§ **Task details**: Look through the data below and work out how many lines hold "pbox"; state only the number.

(Stored data)
--- START ---
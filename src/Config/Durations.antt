-- ===== src/Config/Durations.antt =====
-- crates/pbox-core/src/config.rs: `parse_duration`, in seconds.
use pbox.Base.{
  ℕ, ◌*◌, ◌≤◌, ◌≡◌, refl, ap, ◌∙◌, inl, inr, true, false, Option, none, some, [], ◌∷◌, ◌++◌, Text,
  is_digit, leb, ◌==◌, if◌then◌else◌, Bool-cases, is_whitespace, trim, trim_start, trim_end,
  keep_unless_last, Solid, All-append, show-All, parse_unsigned-show, checked, Result, ok, err,
  ◌>>=◌, ok_or, checked_mul, parse_unsigned, u64_max, show, All, arith,
}

pub data DurationError : Type 0 where
  empty_duration no_unit not_integer too_large : DurationError

-- A text without its last character, and that character.
unfoldable pub split_last : Text → Option (Text × ℕ)
split_last [] = none
split_last (ch ∷ []) = some ([], ch)
split_last (ch ∷ d ∷ t) = elim (split_last (d ∷ t)) [
  | none ↦ none
  | some (front, last) ↦ some (ch ∷ front, last)
]

unfoldable pub multiplier : ℕ → Option ℕ
multiplier ch =
    if ch == b's'
    then some 1
    else if ch == b'm'
    then some 60
    else if ch == b'h'
    then some 3600
    else if ch == b'd'
    then some 86400
    else none

unfoldable pub seconds_of : Text → ℕ → Result DurationError ℕ
seconds_of amount_text multiplier = do
  amount ← ok_or (parse_unsigned u64_max amount_text) not_integer
  ok_or (checked_mul amount multiplier) too_large

unfoldable pub read_duration : Text → Result DurationError ℕ
read_duration trimmed = elim (split_last trimmed) [
  | none ↦ err empty_duration
  | some (front, last) ↦ elim (multiplier last) [
    | some m ↦ seconds_of front m
    | none ↦ if is_digit last then seconds_of trimmed 1 else err no_unit
  ]
]

unfoldable pub parse_duration : Text → Result DurationError ℕ
parse_duration value = read_duration (trim value)

split_last-append : (t : Text) (ch : ℕ) → split_last (t ++ ch ∷ []) ≡ some (t, ch)
unfolding split_last
split_last-append [] ch = refl
split_last-append (c ∷ []) ch = refl
split_last-append (c ∷ d ∷ t) ch = rw (split_last-append (d ∷ t) ch) refl

trim_end-Solid : (t : Text) → Solid t → trim_end t ≡ t
unfolding trim_end
trim_end-Solid [] a = refl
trim_end-Solid (c ∷ []) (h, a) = ground arith
trim_end-Solid (c ∷ d ∷ t) (h, a) = ap (keep_unless_last c) (trim_end-Solid (d ∷ t) a)

trim-Solid : (t : Text) → Solid t → trim t ≡ t
unfolding trim trim_start
trim-Solid [] a = trim_end-Solid [] tt
trim-Solid (c ∷ t) (h, a) = rw h (trim_end-Solid (c ∷ t) (h, a))

digits-Solid : (t : Text) → All (λ c. is_digit c ≡ true) t → Solid t
unfolding is_whitespace
digits-Solid [] a = tt
digits-Solid (c ∷ t) (h, a) = (ground arith, digits-Solid t a)

multiplier-Solid : (ch m : ℕ) → multiplier ch ≡ some m → is_whitespace ch ≡ false
unfolding multiplier is_whitespace
multiplier-Solid ch m h = ground arith

read_unit :
    (t front : Text) (ch m n : ℕ)
    → split_last t ≡ some (front, ch)
    → multiplier ch ≡ some m
    → parse_unsigned u64_max front ≡ some n
    → read_duration t ≡ (if leb (n * m) u64_max then ok (n * m) else err too_large)
unfolding read_duration seconds_of checked
read_unit t front ch m n e e1 e2 = elim (Bool-cases (leb (n * m) u64_max)) [
  | inl f ↦ ground arith
  | inr f ↦ ground arith
]

pub data TimeUnit : Type 0 where
  second minute hour day : TimeUnit

-- The letter of a unit and its seconds, as the documentation of durations has them.
abbrev pub letter : TimeUnit → ℕ
letter second = b's'
letter minute = b'm'
letter hour = b'h'
letter day = b'd'

abbrev pub seconds : TimeUnit → ℕ
seconds second = 1
seconds minute = 60
seconds hour = 60 * 60
seconds day = 24 * (60 * 60)

multiplier-letter : (u : TimeUnit) → multiplier (letter u) ≡ some (seconds u)
unfolding multiplier
multiplier-letter second = refl
multiplier-letter minute = refl
multiplier-letter hour = refl
multiplier-letter day = refl

-- A u64 that is written with one of the units s, m, h and d is read as so many times 1, 60, 60 * 60 and
-- 24 * 60 * 60 seconds, and is refused as too large exactly if these do not fit a u64.
pub parse_duration-show :
    (n : ℕ) (u : TimeUnit)
    → n ≤ u64_max
    → parse_duration (show n ++ letter u ∷ [])
      ≡ (if leb (n * seconds u) u64_max then ok (n * seconds u) else err too_large)
unfolding parse_duration
parse_duration-show n u b =
    let ch = letter u in
    let h = multiplier-letter u in
    let solid =
      All-append (λ c. is_whitespace c ≡ false) (show n) (ch ∷ [])
        (digits-Solid (show n) (show-All n)) (multiplier-Solid ch (seconds u) h, tt) in
    ap read_duration (trim-Solid (show n ++ ch ∷ []) solid)
    ∙ read_unit (show n ++ ch ∷ []) (show n) ch (seconds u) n (split_last-append (show n) ch) h
        (parse_unsigned-show u64_max n b (omega arith))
--- END ---
§ **Answer box**: 2